Accompanied with stress, people often feel symptoms of anxiety and depression. Ashwagandha has been shown to calm the mind and the body, and help those with nervous exhaustion and insomnia. Ashwagandha can also lower the body’s stress hormone cortisol (Umadevi et al, 2012). It also mimics the actions of GABA (Gamma Amino-butyric acid), an inhibitory brain neurotransmitter. This helps calm overactive neuron activity leading to a relaxed state of mind and body, while promoting a sense of tranquility (Smart Publications, n.d). Research shows that ashwagandha also increases acetyl-choline activity, a neurotransmitter that promotes functioning of the parasympathetic nervous system. Ashwagandha can also be just as effective as the benzodiazepine drug, Lorazepam; which is commonly prescribed for those with anxiety disorder (Bano, N. Sharma, V. Sharma, Dhaliwal, 2015).
Ashwagandha also has benefits to the cardiovascular system, by helping regulate blood sugar and lower cholesterol levels (Bano et al, 2015). Amounts of LDL cholesterol, blood glucose levels and triglycerides can be decreased with the use of this herb. Since ashwagandha can help stabilize blood sugar, it would be suitable for those who have type II diabetes. It works by increasing the amount of insulin needing to be released.

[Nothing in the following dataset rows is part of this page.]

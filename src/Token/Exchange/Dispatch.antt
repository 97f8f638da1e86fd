-- ===== src/Token/Exchange/Dispatch.antt =====
-- What every grant of the token endpoint asks of its client.
use sienne.Base.{
  String, ◌≡◌, refl, sym, subst, Bool, true, false, some, ◌==◌, eq_iff, if◌then◌else◌,
}
use sienne.Base.Exec.{ok, Exec, fail}
use sienne.Base.Text.{trim_space}
use sienne.Domain.{Client}
use sienne.Token.{
  Err, Input, Answer, Service, grant_authorization_code, grant_refresh_token,
  grant_client_credentials, grant_password, grant_device_code,
}
use sienne.Token.Contents.{SecretGiven}
use sienne.Token.Issue.{MayUse}
use sienne.Token.Code.{exchange_authorization_code}
use sienne.Token.Code.Redeem.{exchange_authorization_code-Redeemed}
use sienne.Token.Refresh.{exchange_refresh_token}
use sienne.Token.Refresh.Rotation.{exchange_refresh_token-Refreshed}
use sienne.Token.Grants.{exchange_client_credentials, exchange_password, exchange_device_code}
use sienne.Token.Grants.Sound.{
  exchange_client_credentials-Minted, exchange_password-UserTokens, exchange_device_code-Polled,
}
use sienne.Token.Exchange.{exchange}

-- The client that the request names, which has proved itself and may use the request's grant.
pub record Authenticated {W : Type 0} (s : Service W) (input : Input) (w : W) : Type 0 where
  pub client : Client
  pub found : W
  pub looked :
      s.clients.find_by_client_id (trim_space input.client_id) w ≡ (ok (some client), found)
  pub may_use : MayUse client input.grant_type
  pub secret : SecretGiven s.passwords client.client_secret_hash input.client_secret

module _ {W : Type 0} (s : Service W) (input : Input) where
  authenticated :
      (grant : String) (w w₁ : W) (client : Client)
      → (input.grant_type == grant) ≡ true
      → s.clients.find_by_client_id (trim_space input.client_id) w ≡ (ok (some client), w₁)
      → MayUse client grant
      → SecretGiven s.passwords client.client_secret_hash input.client_secret
      → Authenticated s input w
  authenticated grant w w₁ client is_grant looked may secret = record {
    client = client;
    found = w₁;
    looked = looked;
    may_use = subst (MayUse client) (sym ((eq_iff _ _).0 is_grant)) may;
    secret = secret;
  }

  -- One test of the grant type.
  either :
      (t : Bool) (m n : Exec W Err Answer) (w v : W) (a : Answer)
      → (t ≡ true → m w ≡ (ok a, v) → Authenticated s input w)
      → (n w ≡ (ok a, v) → Authenticated s input w)
      → (if t then m else n) w ≡ (ok a, v)
      → Authenticated s input w
  either true m n w v a here there h = here refl h
  either false m n w v a here there h = there h

  from_code :
      (w v : W) (a : Answer)
      → (input.grant_type == grant_authorization_code) ≡ true
      → exchange_authorization_code s input w ≡ (ok a, v)
      → Authenticated s input w
  from_code w v a g h =
      let (client, w₁, looked, may, registered, secret, _) =
        exchange_authorization_code-Redeemed s input w v a h in
      authenticated _ w w₁ client g looked may secret

  from_refresh :
      (w v : W) (a : Answer)
      → (input.grant_type == grant_refresh_token) ≡ true
      → exchange_refresh_token s input w ≡ (ok a, v)
      → Authenticated s input w
  from_refresh w v a g h =
      let (client, w₁, looked, may, secret, _) = exchange_refresh_token-Refreshed s input w v a h in
      authenticated _ w w₁ client g looked may secret

  from_credentials :
      (w v : W) (a : Answer)
      → (input.grant_type == grant_client_credentials) ≡ true
      → exchange_client_credentials s input w ≡ (ok a, v)
      → Authenticated s input w
  from_credentials w v a g h =
      let (client, w₁, now, looked, may, secret, _, _, _, _) =
        exchange_client_credentials-Minted s input w v a h in
      authenticated _ w w₁ client g looked may secret

  from_password :
      (w v : W) (a : Answer)
      → (input.grant_type == grant_password) ≡ true
      → exchange_password s input w ≡ (ok a, v)
      → Authenticated s input w
  from_password w v a g h =
      let (client, user, w₁, w₂, now, looked, may, secret, _, _, _, _, _) =
        exchange_password-UserTokens s input w v a h in
      authenticated _ w w₁ client g looked may secret

  from_device :
      (w v : W) (a : Answer)
      → (input.grant_type == grant_device_code) ≡ true
      → exchange_device_code s input w ≡ (ok a, v)
      → Authenticated s input w
  from_device w v a g h =
      let (client, codes, w₁, looked, may, secret, _, _) =
        exchange_device_code-Polled s input w v a h in
      authenticated _ w w₁ client g looked may secret

  -- Whatever the grant type, tokens are given only to the active client that the request names, which
  -- is registered for the request's grant type and, where a secret is on file for it, has given one
  -- that the verifier accepts.
  pub exchange-Authenticated :
      (w v : W) (a : Answer) → exchange s input w ≡ (ok a, v) → Authenticated s input w
  unfolding exchange fail
  exchange-Authenticated w v a h =
      either _ _ _ w v a (from_code w v a)
        (either _ _ _ w v a (from_refresh w v a) (
          either _ _ _ w v a (from_credentials w v a) (
            either _ _ _ w v a (from_password w v a)
              (either _ _ _ w v a (from_device w v a) (λ k. cc)))))
        h
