-- ===== src/Tests/Token.antt =====
-- The token endpoint at requests that succeed, one for each grant.
use sienne.Base.{String, ◌≡◌, refl, ◌⊎◌, Option, none, some, [], ◌∷◌, All}
use sienne.Base.Exec.{ok, ◌>>=◌}
use sienne.Base.Int.{ℤ, pos, ◌+ℤ◌, seconds, whole_seconds}
use sienne.Base.Text.{trim_space, to_upper, join}
use sienne.Domain.{Client, User}
use sienne.Ports.{ReplayResult, DeviceCodes}
use sienne.Scopes.{contains, normalize_scopes, all_contained}
use sienne.Scopes.Laws.{In, IsAllowed}
use sienne.Token.{
  Input, Answer, Service, grant_authorization_code, grant_refresh_token, grant_client_credentials,
  grant_password, grant_device_code, granted_scopes,
}
use sienne.Token.Issue.{MayUse, Minted, UserTokens}
use sienne.Token.Code.{exchange_authorization_code}
use sienne.Token.Code.Redeem.{Redeemed, exchange_authorization_code-Redeemed}
use sienne.Token.Refresh.{exchange_refresh_token}
use sienne.Token.Refresh.Replay.{Repeated}
use sienne.Token.Refresh.Rotation.{Refreshed, exchange_refresh_token-Refreshed}
use sienne.Scopes.Laws.{Chosen}
use sienne.Token.Contents.{SecretGiven, Verified}
use sienne.Token.Grants.{exchange_client_credentials, exchange_password, exchange_device_code}
use sienne.Token.Grants.Sound.{
  IsUsable, Polled, exchange_client_credentials-Minted, exchange_password-UserTokens,
  exchange_device_code-Polled,
}
use sienne.Token.Exchange.{exchange}
use sienne.Token.Exchange.Dispatch.{Authenticated, exchange-Authenticated}
use sienne.Tests.World.{
  World, clock, json, strconv, digest, passwords, signer, clients, codes, users, tokens,
  token_cache, device_codes,
}

abbrev service : Option ReplayResult → Service World
service replay = record {
  auth_codes = codes;
  clients = clients;
  users = users;
  tokens = tokens;
  token_cache = some (token_cache replay);
  device_codes = some device_codes;
  passwords = some passwords;
  signer = signer;
  issuer = "https://idp";
  clock = clock;
  new_uuid = λ w. ("id", w);
  json = json;
  strconv = strconv;
  digest = digest;
}

abbrev input : String → Input
input grant = record {
  grant_type = grant;
  client_id = "web";
  client_secret = "s3cret";
  replay_fingerprint = "fp";
  code = "c0de";
  redirect_uri = "https://web/cb";
  code_verifier = "proof";
  refresh_token = "r0";
  device_code = "dev";
  username = "ann";
  password = "pass";
  scopes = "openid" ∷ "offline_access" ∷ [];
}

abbrev answer : Answer
answer = record {
  access_token = "jwt";
  token_type = "Bearer";
  expires_in = pos 3600;
  refresh_token = "id.id";
  scope = "openid offline_access";
  id_token = "";
}

coded : exchange_authorization_code (service none) (input grant_authorization_code) [] ≡ (
  ok (record answer { id_token = "jwt" }),
  "cached refresh" ∷ "id.id" ∷ "cached access" ∷ "jwt" ∷ "consumed" ∷ [],
)
unfolding exchange_authorization_code ◌>>=◌ trim_space contains to_upper whole_seconds join ◌+ℤ◌
    seconds
coded = refl

refreshed :
    exchange_refresh_token (service none) (input grant_refresh_token) []
    ≡ (ok answer, "cached rotation" ∷ "rotated" ∷ "cached access" ∷ "jwt" ∷ [])
unfolding exchange_refresh_token ◌>>=◌ trim_space contains whole_seconds join ◌+ℤ◌ seconds
refreshed = refl

credentials :
    exchange_client_credentials (service none) (input grant_client_credentials) []
    ≡ (ok (record answer { refresh_token = "" }), "cached access" ∷ "jwt" ∷ [])
unfolding exchange_client_credentials ◌>>=◌ trim_space contains all_contained normalize_scopes
    whole_seconds join ◌+ℤ◌ seconds
credentials = refl

signed_in :
    exchange_password (service none) (input grant_password) []
    ≡ (ok answer, "cached refresh" ∷ "id.id" ∷ "cached access" ∷ "jwt" ∷ [])
unfolding exchange_password ◌>>=◌ trim_space contains all_contained normalize_scopes whole_seconds
    join ◌+ℤ◌ seconds
signed_in = refl

paired :
    exchange_device_code (service none) (input grant_device_code) []
    ≡ (ok answer, "device consumed" ∷ "cached refresh" ∷ "id.id" ∷ "cached access" ∷ "jwt" ∷ [])
unfolding exchange_device_code ◌>>=◌ trim_space contains whole_seconds join ◌+ℤ◌ seconds
paired = refl

exchanged :
    exchange (service none) (input grant_device_code) []
    ≡ (ok answer, "device consumed" ∷ "cached refresh" ∷ "id.id" ∷ "cached access" ∷ "jwt" ∷ [])
unfolding exchange
exchanged = paired

abbrev log_issued : World
log_issued = "cached refresh" ∷ "id.id" ∷ "cached access" ∷ "jwt" ∷ []

abbrev log_coded : World
log_coded = "cached refresh" ∷ "id.id" ∷ "cached access" ∷ "jwt" ∷ "consumed" ∷ []

abbrev log_rotated : World
log_rotated = "cached rotation" ∷ "rotated" ∷ "cached access" ∷ "jwt" ∷ []

abbrev log_minted : World
log_minted = "cached access" ∷ "jwt" ∷ []

exchange_authorization_code-Redeemed_example :
    (c : Client) × (w₁ : World) × (clients.find_by_client_id (trim_space "web") []
      ≡ (ok (some c), w₁))
    × MayUse c grant_authorization_code
    × In "https://web/cb" c.redirect_uris
    × SecretGiven (some passwords) c.client_secret_hash "s3cret"
    × Redeemed
        (service none)
        (input grant_authorization_code)
        c
        w₁
        (record answer { id_token = "jwt" })
exchange_authorization_code-Redeemed_example =
    exchange_authorization_code-Redeemed (service none) (input grant_authorization_code) []
      log_coded (record answer { id_token = "jwt" }) coded

exchange_refresh_token-Refreshed_example :
    (c : Client) × (w₁ : World) × (clients.find_by_client_id (trim_space "web") []
      ≡ (ok (some c), w₁))
    × MayUse c grant_refresh_token
    × SecretGiven (some passwords) c.client_secret_hash "s3cret"
    × (Repeated (service none) (input grant_refresh_token) answer
        ⊎ ((w₂ : World) × Refreshed (service none) (input grant_refresh_token) c w₂ answer))
exchange_refresh_token-Refreshed_example =
    exchange_refresh_token-Refreshed (service none) (input grant_refresh_token) [] log_rotated
      answer refreshed

exchange_client_credentials-Minted_example :
    (c : Client) × (w₁ : World) × (now : ℤ) × (clients.find_by_client_id (trim_space "web") []
      ≡ (ok (some c), w₁))
    × MayUse c grant_client_credentials
    × SecretGiven (some passwords) c.client_secret_hash "s3cret"
    × (Chosen
          ("openid" ∷ "offline_access" ∷ [])
          c.scopes
          (granted_scopes ("openid" ∷ "offline_access" ∷ []) c.scopes)
        × All (IsAllowed c.scopes) (granted_scopes ("openid" ∷ "offline_access" ∷ []) c.scopes))
    × Minted
        (service none)
        c
        none
        c.client_id
        c.client_id
        (granted_scopes ("openid" ∷ "offline_access" ∷ []) c.scopes)
        now
        (record answer { refresh_token = "" })
    × (◌≡◌ {A = String} "" "")
    × (◌≡◌ {A = String} "" "")
exchange_client_credentials-Minted_example =
    exchange_client_credentials-Minted (service none) (input grant_client_credentials) [] log_minted
      (record answer { refresh_token = "" }) credentials

exchange_password-UserTokens_example :
    (c : Client) × (u : User) × (w₁ : World) × (w₂ : World) × (now : ℤ) × (clients.find_by_client_id
        (trim_space "web")
        []
      ≡ (ok (some c), w₁))
    × MayUse c grant_password
    × SecretGiven (some passwords) c.client_secret_hash "s3cret"
    × (users.find_by_username (trim_space "ann") w₁ ≡ (ok (some u), w₂))
    × IsUsable u
    × Verified (some passwords) "pass" u.password_hash
    × (Chosen
          ("openid" ∷ "offline_access" ∷ [])
          c.scopes
          (granted_scopes ("openid" ∷ "offline_access" ∷ []) c.scopes)
        × All (IsAllowed c.scopes) (granted_scopes ("openid" ∷ "offline_access" ∷ []) c.scopes))
    × UserTokens
        (service none)
        c
        u
        (granted_scopes ("openid" ∷ "offline_access" ∷ []) c.scopes)
        now
        answer
exchange_password-UserTokens_example =
    exchange_password-UserTokens (service none) (input grant_password) [] log_issued answer
      signed_in

exchange_device_code-Polled_example :
    (c : Client) × (devices : DeviceCodes World) × (w₁ : World) × (clients.find_by_client_id
        (trim_space "web")
        []
      ≡ (ok (some c), w₁))
    × MayUse c grant_device_code
    × SecretGiven (some passwords) c.client_secret_hash "s3cret"
    × (some device_codes ≡ some devices)
    × Polled
        (service none)
        devices
        (input grant_device_code)
        c
        w₁
        ("device consumed" ∷ log_issued)
        answer
exchange_device_code-Polled_example =
    exchange_device_code-Polled (service none) (input grant_device_code) []
      ("device consumed" ∷ log_issued) answer paired

exchange-Authenticated_example : Authenticated (service none) (input grant_device_code) []
exchange-Authenticated_example =
    exchange-Authenticated (service none) (input grant_device_code) []
      ("device consumed" ∷ log_issued) answer exchanged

The herb is also rich in iron, perfect for those who have anemia or just overall low-iron levels in their blood. Ashwagandha increases red blood cell count and improves the protein in hemoglobin (Umadevi et al, 2012).
When it comes to a compromised immune system, fatigue from illness and cancer, Ashwagandha can be beneficial. According to a study in 2003 (Umadevi et al, 2012), the herb was tested on human cells which slowed the growth of cancer development, particularly of the lung, breast, prostate and colon. This shows that ashwagandha has anti-carcinogenic qualities. Even for acute colds and (especially upper respiratory problems, such as cough) the herb can help relieve symptoms. Ashwagandha naturally boosts the function of macrophages, phagocytes (the bacteria eaters) and lymphocytes, which are known as our body’s immune cells. (Bano et al, 2015).
Ashwagandha can help those with inflammatory problems, such as arthritis, rheumatism and osteoarthritis (Singh et al, 2011). The herb can help soothe the pain response within the nervous system, acting as a natural analgesic. Ashwagandha contains natural steroids which can reduce inflammation. Other ailments ashwagandha benefits are wound pain, backaches and one-sided paralysis (Bano et al, 2015).
The benefits of ashwagandha are almost endless; research has made many discoveries of its properties and how it functions in the body. The herb is great for supporting the cardiovascular system, nervous system, immune and the brain (cognition and focus). It is an aphrodisiac, anti-inflammatory, stress reliever and has anti-aging properties. Ashwagandha comes with virtually no side effects when used safely and with the correct dosage. Remember one word: “Rasayana” a Sanskrit word meaning health and long life, and that’s exactly what ashwagandha can do for the body. Its tonic, antioxidant and energizing properties make it a well-rounded, highly versatile herb that can be used for many conditions (Bano et al, 2015).